CopyToDevice C# vs C, small blocks vs large blocks.

Jun 2, 2014 at 1:56 PM
I have a cuda(fy) project where the total amount of data does not fit on the GPU.
I need to "loop" blockwise through the data many times and do computations.

So if I have 10Gb of data I can theoretically put it in blocks of (for instance) 100Mb.
On a code-technic view it's better to put it in blocks of 1Mb. That is what we did for now.
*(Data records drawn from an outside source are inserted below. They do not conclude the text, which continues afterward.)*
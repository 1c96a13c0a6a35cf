-- ===== src/Client/Contacts/Overview.antt =====
-- GetAllContactMessages of client/main.go: each contact stands in the list once.
use scalability_engineering.Prelude.{
  ℕ, zero, suc, ◌≡◌, ◌≢◌, refl, ap, ◌≤◌, Bool, true, false, ◌||◌, ◌&&◌, Option, none, some, List,
  [], ◌∷◌, ◌++◌, String, string_discrete, str_eq, str_eq_iff, get_elem?, arith, if◌then◌else◌,
  Option-cases, inl, inr, Returns, returns, Returns-bind, get_elem?-some, get_elem?-lt,
}
use scalability_engineering.Prelude.Counting.{count, count-concat, Rearranges}
use scalability_engineering.Prelude.GoMap.{lookup}
use scalability_engineering.Index.{Distinct}
use scalability_engineering.Index.Count.{search_place}
use scalability_engineering.HashMap.View.{get-view}
use scalability_engineering.PriorityQueue
use scalability_engineering.ClientManager.{ClientManager, identities}
use scalability_engineering.ClientManager.Invariant.{clients, is_some, IsValid, IsCoherent}
use scalability_engineering.Client.{Client}
use scalability_engineering.Client.Exchange.{InOrder}
use scalability_engineering.Client.Chat.{Message, Tables, has_contact, get_contacts_from_queue}
use scalability_engineering.Client.Contacts.{
  ContactWithLastMessage, ContactMessages, db_contacts, join_messages, queue_contacts,
  get_all_contact_messages, get_contacts_with_last_message,
}
use scalability_engineering.Client.Contacts.Complete.{
  stored, listed, given, has_contact_iff, in_map_iff, joined-join_messages, listed-db_contacts,
  listed-queue_contacts, stored-queue_contacts, messages-queue_contacts,
}

abbrev times : String → List String → ℕ
times id = count (λ k. str_eq k id)

times_absent :
    (id : String) (keys : List String) → ((i : ℕ) → get_elem? keys i ≢ some id) → times id keys ≡ 0
times_absent id [] out = refl
times_absent id (k ∷ keys) out =
    ground (arith, str_eq_iff k id, out 0, times_absent id keys (λ i. out (suc i)))

times_once :
    (id : String) (keys : List String) (i : ℕ)
    → Distinct keys
    → get_elem? keys i ≡ some id
    → times id keys ≡ 1
times_once id [] i once e = cc
times_once id (k ∷ keys) zero once e = ground (
  arith,
  str_eq_iff k id,
  times_absent id keys (λ i f. absurd (ground (arith, once 0 (suc i) id e f))),
)
times_once id (k ∷ keys) (suc i) once e =
    let other : k ≢ id = λ p. absurd (ground (arith, once 0 (suc i) id (ap some p) e)) in
    ground (
      arith,
      str_eq_iff k id,
      times_once id keys i (λ a b j p q. ground (arith, once (suc a) (suc b) j p q)) e,
    )

times-values :
    (q : PriorityQueue.PriorityQueue String) (id : String)
    → PriorityQueue.IsTable string_discrete q
    → times id q.values ≡ (if is_some (PriorityQueue.view string_discrete q id) then 1 else 0)
times-values q id t = elim (search_place string_discrete id q.values) [
  | inl (i, e) ↦
      let (p, f) =
        get_elem?-some q.priorities i (omega (arith, t.paired, get_elem?-lt q.values i id e)) in
      ground (
        arith,
        t.index.found id i e,
        times_once id q.values i
            (λ a b j c d. ground (arith, t.index.found j a c, t.index.found j b d)) e,
      )
  | inr out ↦ elim (Option-cases (lookup string_discrete id q.index_map)) [
    | inl e ↦ ground (arith, times_absent id q.values out)
    | inr (i, e) ↦ absurd (out i (t.index.inside id i e))
  ]
]

-- What a lookup of each identifier gives: the known ones, each as often as it is asked for.
identities-Counted :
    {W : Type 0} (cm : ClientManager W)
    → IsValid cm
    → IsCoherent cm
    → (ids : List String)
    → Returns
        (λ cs. (id : String) → given id cs ≡ (if is_some (clients cm id) then times id ids else 0))
        (identities cm.hash_map ids)
unfolding identities
identities-Counted cm v c [] = returns (λ id. ground arith)
identities-Counted cm v c (k ∷ ids) = elim (Option-cases (clients cm k)) [
  | inl e ↦
      rw (get-view string_discrete cm.hash_map v.map k, e)
        (Returns-bind (identities-Counted cm v c ids)
          λ cs n. returns (λ id. ground (arith, str_eq_iff k id, n id)))
  | inr (a, e) ↦
      rw (get-view string_discrete cm.hash_map v.map k, e)
        (Returns-bind (identities-Counted cm v c ids)
          λ cs n. returns (λ id. ground (arith, str_eq_iff k id, c.named k a e, n id)))
]

-- A client whom a query may be sent to: it is in the query queue, and known.
abbrev pub is_queryable : Client → String → Bool
is_queryable c id =
    is_some (PriorityQueue.view string_discrete c.queries.query_queue id)
    && is_some (clients c.manager id)

abbrev once_if : Bool → ℕ
once_if b = if b then 1 else 0

-- What is shown, or an error. Nothing is stored or shown twice.
pub data Overview (works writes : Bool) (c : Client) (db : Tables)
    : Option (Tables × List ContactMessages) → Type 0 where
  failed : works ≡ false → Overview works writes c db none
  shown :
      {db' : Tables} {contacts : List ContactMessages}
      → works ≡ true
      → ((id : String)
          → listed id contacts ≡ once_if (has_contact id db.contacts || is_queryable c id))
      → ((id : String)
          → stored id db'.contacts
            ≡ once_if (has_contact id db.contacts || (writes && is_queryable c id)))
      → db'.messages ≡ db.messages
      → Overview works writes c db (some (db', contacts))

-- On a client in order, whose table has no contact twice, GetAllContactMessages ends without a panic.
-- It fails if the query fails. Else each contact that was stored or can be queried stands in the list
-- once, and nobody else does. If AddContact works, the tables hold just these contacts, else those
-- from before; none is there twice, and the messages stay.
pub get_all_contact_messages-Overview :
    (newest : List Message → Option Message)
    (order : List ContactWithLastMessage → List ContactWithLastMessage)
    (sort : List ContactMessages → List ContactMessages) (works writes : Bool) (c : Client)
    (db : Tables)
    → Rearranges order
    → Rearranges sort
    → InOrder c
    → ((id : String) → stored id db.contacts ≤ 1)
    → Returns
        (Overview works writes c db)
        (get_all_contact_messages newest order sort works writes c db)
unfolding get_all_contact_messages get_contacts_with_last_message get_contacts_from_queue
    PriorityQueue.to_slices
get_all_contact_messages-Overview newest order sort false writes c db o s good key =
    returns (failed refl)
get_all_contact_messages-Overview newest order sort true writes c db o s good key =
    Returns-bind
      (identities-Counted c.manager good.valid good.coherent c.queries.query_queue.values)
      λ cs n.
        let rows = order (join_messages newest c.identity.container_id db.messages db.contacts) in
        let known = db_contacts rows in
        let there : (id : String) → listed id known ≡ stored id db.contacts = λ id. ground (
          arith,
          listed-db_contacts id rows,
          o (λ row. str_eq row.contact.container_id id)
              (join_messages newest c.identity.container_id db.messages db.contacts),
          joined-join_messages newest c.identity.container_id db.messages id db.contacts,
        ) in
        let queried : (id : String) → given id cs ≡ once_if (is_queryable c id) =
          λ id. ground (arith, n id, times-values c.queries.query_queue id good.kept.table) in
        let added = queue_contacts writes known db cs in
        returns (
          shown refl
            (λ id. ground (
              arith,
              s (λ m. str_eq m.contact id) (known ++ added.1),
              count-concat (λ m. str_eq m.contact id) known added.1,
              there id,
              queried id,
              key id,
              has_contact_iff id db.contacts,
              in_map_iff id known,
              listed-queue_contacts writes known id db cs,
            ))
            (λ id. ground (
              arith,
              there id,
              queried id,
              key id,
              has_contact_iff id db.contacts,
              in_map_iff id known,
              stored-queue_contacts writes known id db cs,
            ))
            (messages-queue_contacts writes known db cs))
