-- ===== src/RateLimit/History.antt =====
-- The limiter against the history of attempts: it decides by the failures since the last success
-- that lie within the window, although it throws old ones away as it goes.
use Prim.Native.Char.{Char, code}
use Prim.Native.String
use Prim.Native.String.append.{nil, cons}
use text.Mathlib.TextLemmas.{append_cancel_left}
use mathlib.Core.Path.{ap₂}
use kokkeak_api.RateLimit.{
  InMemoryLoginRateLimiter, check, record_failure, reset, or_empty, key, evict_expired, is_allowed,
  with_params, RateLimitDecision,
}
use kokkeak_api.Prelude.{
  [], if◌then◌else◌, ◌∷◌, String, ℕ, List, ◌≡◌, str_eq, ◌≤◌, arith, ◌++◌, eq_iff, refl, inl, inr,
  Option-cases, ◌∙◌, Bool-cases, none, some, false, ◌<◌, Option, ltb, Bool, ap, not, ◌&&◌, ◌==◌,
  true, sym,
}
use kokkeak_api.Text.{is_empty}
use kokkeak_api.Duration.{Duration}
use kokkeak_api.Dict.{lookup, lookup-erase, lookup-insert}
use kokkeak_api.RateLimit.Window.{
  IsOrdered-weaken, IsOrdered, recent, evict-nil, IsOrdered-evict, recent-evict, IsOrdered-push,
  recent-append, length-evict,
}

-- What a login handler does to the limiter, with the clock's readings.
pub data Attempt : Type 0 where
  checked : String → String → ℕ → ℕ → Attempt
  failed : String → String → ℕ → ℕ → Attempt
  succeeded : String → String → Attempt

pub play : Attempt → InMemoryLoginRateLimiter → InMemoryLoginRateLimiter
play (checked username ip now elapsed_at) l = (check username ip now elapsed_at l).1
play (failed username ip now pushed_at) l = record_failure username ip now pushed_at l
play (succeeded username ip) l = reset username ip l

unfoldable pub play_all : List Attempt → InMemoryLoginRateLimiter → InMemoryLoginRateLimiter
unfolding play
play_all [] l = l
play_all (a ∷ rest) l = play_all rest (play a l)

-- The times of the failures of one key since its last success, by the history alone.
pub remember : String → Attempt → List ℕ → List ℕ
remember k (checked username ip now elapsed_at) log = log
remember k (failed username ip now pushed_at) log =
    if str_eq (key username ip) k then log ++ pushed_at ∷ [] else log
remember k (succeeded username ip) log = if str_eq (key username ip) k then [] else log

unfoldable pub failures : String → List Attempt → List ℕ → List ℕ
unfolding remember
failures k [] log = log
failures k (a ∷ rest) log = failures k rest (remember k a log)

-- The clock's readings do not fall, from `low` to `high`.
abbrev pub IsTimed : ℕ → List Attempt → ℕ → Type 0
IsTimed low [] high = low ≤ high
IsTimed low (checked username ip now elapsed_at ∷ rest) high =
    (low ≤ now) × (now ≤ elapsed_at) × IsTimed elapsed_at rest high
IsTimed low (failed username ip now pushed_at ∷ rest) high =
    (low ≤ now) × (now ≤ pushed_at) × IsTimed pushed_at rest high
IsTimed low (succeeded username ip ∷ rest) high = IsTimed low rest high

abbrev queue : String → InMemoryLoginRateLimiter → List ℕ
queue k l = or_empty (lookup k l.inner)

module _ (window : Duration) (max_attempts : ℕ) (k : String) where
  -- The queue of the key counts like the whole history, from the time `now` on.
  record IsTracked (now : ℕ) (log : List ℕ) (l : InMemoryLoginRateLimiter) : Type 0 where
    same_window : l.window ≡ window
    same_max : l.max_attempts ≡ max_attempts
    ordered : IsOrdered 0 (queue k l) now
    counts : (later : ℕ) → now ≤ later → recent window later (queue k l) ≡ recent window later log

  IsTracked-later :
      {now later : ℕ} {log : List ℕ} {l : InMemoryLoginRateLimiter}
      → now ≤ later
      → IsTracked now log l
      → IsTracked later log l
  IsTracked-later {now} {later} {log} {l} h t = record {
    same_window = t.same_window;
    same_max = t.same_max;
    ordered = IsOrdered-weaken 0 0 now later (queue k l) t.ordered (omega arith) h;
    counts = λ x p. t.counts x (omega arith);
  }

  queue-check :
      (username ip : String) (now elapsed_at : ℕ) (l : InMemoryLoginRateLimiter)
      → queue k (check username ip now elapsed_at l).1
        ≡ (if str_eq (key username ip) k then evict_expired l.window now (queue k l) else queue k l)
  unfolding check
  queue-check username ip now elapsed_at l =
      elim (Option-cases (lookup (key username ip) l.inner)) [
        | inl new ↦ ground (arith, eq_iff (key username ip) k, evict-nil l.window now)
        | inr (deque, old) ↦ ground (
          arith,
          eq_iff (key username ip) k,
          lookup-insert (key username ip) k (evict_expired l.window now deque) l.inner,
        )
      ]

  queue-record_failure :
      (username ip : String) (now pushed_at : ℕ) (l : InMemoryLoginRateLimiter)
      → queue k (record_failure username ip now pushed_at l) ≡ (
          if str_eq (key username ip) k
          then evict_expired l.window now (queue k l) ++ pushed_at ∷ []
          else queue k l)
  unfolding record_failure
  queue-record_failure username ip now pushed_at l = ground (
    arith,
    eq_iff (key username ip) k,
    lookup-insert (key username ip) k
        (evict_expired l.window now (queue (key username ip) l) ++ pushed_at ∷ []) l.inner,
  )

  queue-reset :
      (username ip : String) (l : InMemoryLoginRateLimiter)
      → queue k (reset username ip l) ≡ (if str_eq (key username ip) k then [] else queue k l)
  unfolding reset
  queue-reset username ip l = ground (arith, lookup-erase (key username ip) k l.inner)

  kept_by_check :
      (username ip : String) (now elapsed_at : ℕ) (l : InMemoryLoginRateLimiter)
      → ((check username ip now elapsed_at l).1.window ≡ l.window)
        × ((check username ip now elapsed_at l).1.max_attempts ≡ l.max_attempts)
  unfolding check
  kept_by_check username ip now elapsed_at l = ground arith

  kept_by_writes :
      (username ip : String) (now pushed_at : ℕ) (l : InMemoryLoginRateLimiter)
      → ((record_failure username ip now pushed_at l).window ≡ l.window)
        × ((record_failure username ip now pushed_at l).max_attempts ≡ l.max_attempts)
        × ((reset username ip l).window ≡ l.window)
        × ((reset username ip l).max_attempts ≡ l.max_attempts)
  unfolding record_failure reset
  kept_by_writes username ip now pushed_at l = (refl, refl, refl, refl)

  check-IsTracked :
      (username ip : String) (now elapsed_at : ℕ) (log : List ℕ) (l : InMemoryLoginRateLimiter)
      → now ≤ elapsed_at
      → IsTracked now log l
      → IsTracked elapsed_at log (check username ip now elapsed_at l).1
  check-IsTracked username ip now elapsed_at log l h t = IsTracked-later h (record {
    same_window = (kept_by_check username ip now elapsed_at l).0 ∙ t.same_window;
    same_max = (kept_by_check username ip now elapsed_at l).1 ∙ t.same_max;
    ordered = elim (Bool-cases (str_eq (key username ip) k)) [
      | inl this ↦ rw (queue-check, this) (IsOrdered-evict l.window now 0 now (queue k l) t.ordered)
      | inr other ↦ rw (queue-check, other) t.ordered
    ];
    counts = λ later p. elim (Bool-cases (str_eq (key username ip) k)) [
      | inl this ↦ rw (queue-check, this, t.same_window, recent-evict) (t.counts later p)
      | inr other ↦ rw (queue-check, other) (t.counts later p)
    ];
  })

  record_failure-IsTracked :
      (username ip : String) (now pushed_at : ℕ) (log : List ℕ) (l : InMemoryLoginRateLimiter)
      → now ≤ pushed_at
      → IsTracked now log l
      → IsTracked pushed_at
          (remember k (failed username ip now pushed_at) log)
          (record_failure username ip now pushed_at l)
  unfolding remember
  record_failure-IsTracked username ip now pushed_at log l h t =
      let kept = kept_by_writes username ip now pushed_at l in
      record {
        same_window = kept.0 ∙ t.same_window;
        same_max = kept.1 ∙ t.same_max;
        ordered = elim (Bool-cases (str_eq (key username ip) k)) [
          | inl this ↦
              rw (queue-record_failure, this)
                (IsOrdered-push 0 now pushed_at (evict_expired l.window now (queue k l))
                  (IsOrdered-evict l.window now 0 now (queue k l) t.ordered) h)
          | inr other ↦
              rw (queue-record_failure, other)
                (IsOrdered-weaken 0 0 now pushed_at (queue k l) t.ordered (omega arith) h)
        ];
        counts = λ later p. elim (Bool-cases (str_eq (key username ip) k)) [
          | inl this ↦
              rw (queue-record_failure, this, recent-append, recent-append, t.same_window)
                (omega
                  (arith, recent-evict window now later (queue k l), t.counts later (omega arith)))
          | inr other ↦ rw (queue-record_failure, other) (t.counts later (omega arith))
        ];
      }

  reset-IsTracked :
      (username ip : String) (now : ℕ) (log : List ℕ) (l : InMemoryLoginRateLimiter)
      → IsTracked now log l
      → IsTracked now (remember k (succeeded username ip) log) (reset username ip l)
  unfolding remember
  reset-IsTracked username ip now log l t =
      let kept = kept_by_writes username ip 0 0 l in
      record {
        same_window = kept.2 ∙ t.same_window;
        same_max = kept.3 ∙ t.same_max;
        ordered = elim (Bool-cases (str_eq (key username ip) k)) [
          | inl this ↦ rw (queue-reset, this) (omega arith)
          | inr other ↦ rw (queue-reset, other) t.ordered
        ];
        counts = λ later p. elim (Bool-cases (str_eq (key username ip) k)) [
          | inl this ↦ rw (queue-reset, this)
          | inr other ↦ rw (queue-reset, other) (t.counts later p)
        ];
      }

  play_all-IsTracked :
      (attempts : List Attempt) (low high : ℕ) (log : List ℕ) (l : InMemoryLoginRateLimiter)
      → IsTimed low attempts high
      → IsTracked low log l
      → IsTracked high (failures k attempts log) (play_all attempts l)
  unfolding play_all failures
  play_all-IsTracked [] low high log l timed t = IsTracked-later timed t
  play_all-IsTracked (checked username ip now elapsed_at ∷ rest) low high log l timed t =
      play_all-IsTracked rest elapsed_at high log (check username ip now elapsed_at l).1 timed.2
        (check-IsTracked username ip now elapsed_at log l timed.1 (IsTracked-later timed.0 t))
  play_all-IsTracked (failed username ip now pushed_at ∷ rest) low high log l timed t =
      play_all-IsTracked rest pushed_at high (remember k (failed username ip now pushed_at) log)
        (record_failure username ip now pushed_at l) timed.2
        (record_failure-IsTracked username ip now pushed_at log l timed.1
          (IsTracked-later timed.0 t))
  play_all-IsTracked (succeeded username ip ∷ rest) low high log l timed t =
      play_all-IsTracked rest low high (remember k (succeeded username ip) log)
        (reset username ip l) timed (reset-IsTracked username ip low log l t)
At this moment the process is bounded by the "copytodevice" portion.
It's already much faster than CPU so we see the potential.
However, optimizing the GPU kernels is of no use since 90% of the time is in the cudafy "CopyToDevice" function.

Now I have 2 questions:

Is the copytodevice function in Cudafy much slower than ie. copying in native C ?
Possibly due to overhead in dataconversion etc.
In that case we need to switch to C. That would be a bummer.

If we would copy in blocks of 10..100Mb instead of 1Mb.. would this be beneficial ?
Bigger blocks would give us some ugly code constructs but if it's worth it we'd do it.
If it's a big benefit we can stay in C#.

Thanks for the answer!
Jun 3, 2014 at 7:58 AM
Q1: Fractionally. I doubt you'd be able to measure it consistently.
Q2: The proof is in the pudding. You can test this very quickly by modifying code sample in the CudafyByExample project. Remember you can pipeline your transfers. Put copies and launches in parallel. If using a Quadro or Tesla you can have copy to, launch and copy from in parallel.
Aug 24, 2014 at 9:16 AM
Just to inform you.
There was some overhead in CopyToDevice.
Batching the copies does improve the throughput.

However.. Somehow my profiler gave wrong information.
It was a kernel that took the most time.